I use Slick Tricks.....little but Deadly!


----------



## coyote sniper

I have been using spitfires for 2 years they are awsome!!! I have shot many deer with the thunderhead 100 and they are great also the only reason I switched is i can practice with field points when I use a mechanical. They hit in the same spot (tried it with one) fixed blades usually hit in a differnt place so ya either need a sand pit or a layered target and the broadheads sure eat up a layered target quick


----------



## Chuck Smith

I used slick tricks as well.....small and deadly. Every deer I have shot has only gone about 40 yards. I like how they fly just like my field points so no monkeying with my sites. But the only thing I have notice is not a huge blood trail. It could just be me or where I hit the deer.
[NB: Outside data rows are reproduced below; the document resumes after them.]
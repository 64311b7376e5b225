-- ===== src/Server/Preserved.antt =====
-- What every request keeps on its way through the code, before its own metrics are written.
use time_series_cardinality.Base.{
  ℕ, sym, subst, inl, inr, List, [], ◌∷◌, Bytes, Option-cases, Bool-cases, bytes_eq, ◌==◌, length,
}
use time_series_cardinality.External.{Murmur}
use time_series_cardinality.Errors.{Result, Result-cases}
use time_series_cardinality.Sketch.{SketchOps, Algorithm}
use time_series_cardinality.Engine.{Engine, add_and_persist}
use time_series_cardinality.Store.{Badger, BadgerStore, save}
use time_series_cardinality.Server.{
  Server, Network, Config, Event, batch_size, raft_proposal, forwarded, forwarded_error, note,
  get_peer_client, forward, forward_request, success_status, error_status, peer_of, add_owned,
  add_id, add_body, add_ids, batch_add_body, query_body, add_method, batch_add_method, query_method,
}
use time_series_cardinality.Server.Metrics.{IsQuiet, forward_request-forward}

module _ (o : SketchOps) (alg : Algorithm o) (Db : Type 0) {W : Type 0} (net : Network W) where
  -- A relation between a server before and after a step that the shapes of the code keep: nothing,
  -- one step after another, an event other than a request, calls that change only the world or only
  -- the engine and the store, and the lookup of a connection.
  pub record IsKept (R : Server o alg Db net → Server o alg Db net → Type 0) : Type 0 where
    pub nothing : (s : Server o alg Db net) → R s s
    pub steps : (s t u : Server o alg Db net) → R s t → R t u → R s u
    pub noted : (e : Event) (s : Server o alg Db net) → IsQuiet e → R s (note o alg Db net e s)
    pub called : (w : W) (s : Server o alg Db net) → R s (record s { world = w })
    pub written :
        (e : Engine o alg) (st : BadgerStore Db) (s : Server o alg Db net)
        → R s (record s { engine = e; store = st })
    pub dialled :
        (addr : Bytes) (s : Server o alg Db net) → R s (get_peer_client o alg Db net addr s).1

module _ (o : SketchOps) (alg : Algorithm o) (Db : Type 0) {W : Type 0} (net : Network W)
    (badger : Badger Db) (m : Murmur) (config : Config W)
    {R : Server o alg Db net → Server o alg Db net → Type 0} (kept : IsKept o alg Db net R) where
  forward-Kept :
      {A : Type 0} (owner method : Bytes) (call : net.ClientConn → W → Result A × W)
      (s : Server o alg Db net)
      → R s (forward o alg Db net owner method call s).1
  unfolding forward
  forward-Kept owner method call s =
      let s₁ = note o alg Db net (forwarded owner method) s in
      let t = (get_peer_client o alg Db net owner s₁).1 in
      let before =
        kept.steps s s₁ t (kept.noted (forwarded owner method) s tt) (kept.dialled owner s₁) in
      elim (Result-cases (get_peer_client o alg Db net owner s₁).0) [
        | inr (x, failed) ↦
            rw (failed, forward)
              (kept.steps s t _ before (kept.noted (forwarded_error owner method) t tt))
        | inl (c, got) ↦
            let u : Server o alg Db net = record t { world = (call c t.world).1 } in
            let after = kept.steps s t u before (kept.called (call c t.world).1 t) in
            elim (Result-cases (call c t.world).0) [
              | inl (a, fine) ↦ rw (got, fine, forward) after
              | inr (x, bad) ↦
                  rw (got, bad, forward)
                    (kept.steps s u _ after (kept.noted (forwarded_error owner method) u tt))
            ]
      ]

  forward_request-Kept :
      {A : Type 0} (owner method : Bytes) (call : net.ClientConn → W → Result A × W)
      (s : Server o alg Db net)
      → R s (forward_request o alg Db net owner method call s).1
  forward_request-Kept owner method call s =
      subst (R s) (sym (forward_request-forward owner method call s).1)
        (forward-Kept owner method call s)

  add_owned-Kept :
      (group : Bytes) (id : ℕ) (s : Server o alg Db net)
      → R s (add_owned o alg Db net badger m config group id s).1
  unfolding add_owned
  add_owned-Kept group id s = elim (Option-cases config.node) [
    | inr (node, there) ↦
        let t : Server o alg Db net = record s { world = (node.propose_add group id s.world).1 } in
        elim (Option-cases (node.propose_add group id s.world).0) [
          | inl fine ↦
              rw (there, fine, add_owned)
                (kept.steps s t _ (kept.called _ s)
                  (kept.noted (raft_proposal success_status) t tt))
          | inr (x, bad) ↦
              rw (there, bad, add_owned)
                (kept.steps s t _ (kept.called _ s) (kept.noted (raft_proposal error_status) t tt))
        ]
    | inl alone ↦
        elim (Option-cases
          (add_and_persist o alg group id (save badger group) s.engine s.store).0) [
            | inl fine ↦ rw (alone, fine, add_owned) (kept.written _ _ s)
            | inr (x, bad) ↦ rw (alone, bad, add_owned) (kept.written _ _ s)
          ]
  ]

  add_id-Kept :
      (method group : Bytes) (id : ℕ) (s : Server o alg Db net)
      → R s (add_id o alg Db net badger m config method group id s).1
  unfolding add_id
  add_id-Kept method group id s = elim (Option-cases (peer_of m config group)) [
    | inl own ↦ rw (own, add_id) (add_owned-Kept group id s)
    | inr (owner, other) ↦
        rw (other, add_id) (forward-Kept owner method (λ c. net.add c group id) s)
  ]

  pub add_body-Kept :
      (group : Bytes) (id : ℕ) (s : Server o alg Db net)
      → R s (add_body o alg Db net badger m config group id s).1
  unfolding add_body
  add_body-Kept group id s = elim (Bool-cases (group == [])) [
    | inl nameless ↦ rw nameless (kept.nothing s)
    | inr named ↦
        let one = add_id-Kept add_method group id s in
        elim (Option-cases (add_id o alg Db net badger m config add_method group id s).0) [
          | inl fine ↦ rw (named, fine, add_body) one
          | inr (x, bad) ↦ rw (named, bad, add_body) one
        ]
  ]

  add_ids-Kept :
      (group : Bytes) (ids : List ℕ) (s : Server o alg Db net)
      → R s (add_ids o alg Db net badger m config group ids s).1
  unfolding add_ids
  add_ids-Kept group [] s = kept.nothing s
  add_ids-Kept group (v ∷ ids) s =
      let one = add_id-Kept batch_add_method group v s in
      let t = (add_id o alg Db net badger m config batch_add_method group v s).1 in
      elim (Option-cases (add_id o alg Db net badger m config batch_add_method group v s).0) [
        | inl fine ↦ rw (fine, add_ids) (kept.steps s t _ one (add_ids-Kept group ids t))
        | inr (x, bad) ↦ rw (bad, add_ids) one
      ]

  pub batch_add_body-Kept :
      (group : Bytes) (ids : List ℕ) (s : Server o alg Db net)
      → R s (batch_add_body o alg Db net badger m config group ids s).1
  unfolding batch_add_body
  batch_add_body-Kept group ids s = elim (Bool-cases (group == [])) [
    | inl nameless ↦ rw nameless (kept.nothing s)
    | inr named ↦ elim (Option-cases (peer_of m config group)) [
      | inr (owner, other) ↦
          rw (named, other)
            (forward_request-Kept owner batch_add_method (λ c. net.batch_add c group ids) s)
      | inl own ↦
          rw (named, own)
            (kept.steps s (note o alg Db net (batch_size (length ids)) s) _
              (kept.noted (batch_size (length ids)) s tt) (add_ids-Kept group ids _))
    ]
  ]

  pub query_body-Kept :
      (group : Bytes) (s : Server o alg Db net)
      → R s (query_body o alg Db net badger m config group s).1
  unfolding query_body
  query_body-Kept group s = elim (Bool-cases (group == [])) [
    | inl nameless ↦ rw nameless (kept.nothing s)
    | inr named ↦ elim (Option-cases (peer_of m config group)) [
      | inr (owner, other) ↦
          rw (named, other) (forward_request-Kept owner query_method (λ c. net.query c group) s)
      | inl own ↦ rw (named, own) (kept.nothing s)
    ]
  ]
This Fall I am switching over to Swacker's. I will give this a try this fall and see what I think. I will also still have a slick trick or two in the quiver as well.


----------



## dakotashooter2

I'm still hanging with the old reliable Bear 2 blade broadhead. I think a few I have are nearly as old as me........Tough as nails............


----------



## AdamFisk

coyote sniper said:


> I have been using spitfires for 2 years they are awsome!!! I have shot many deer with the thunderhead 100 and they are great also the only reason I switched is i can practice with field points when I use a mechanical. They hit in the same spot (tried it with one) fixed blades usually hit in a differnt place so ya either need a sand pit or a layered target and the broadheads sure eat up a layered target quick


I don't doubt the Spitfires work for you (and I'm not nocking them or you), but have you actually tried broadhead tuning before? It's this amazing thing you can do to get most all broadheads to impact same as FPs, assuming you have proper arrows, a tuned bow, etc.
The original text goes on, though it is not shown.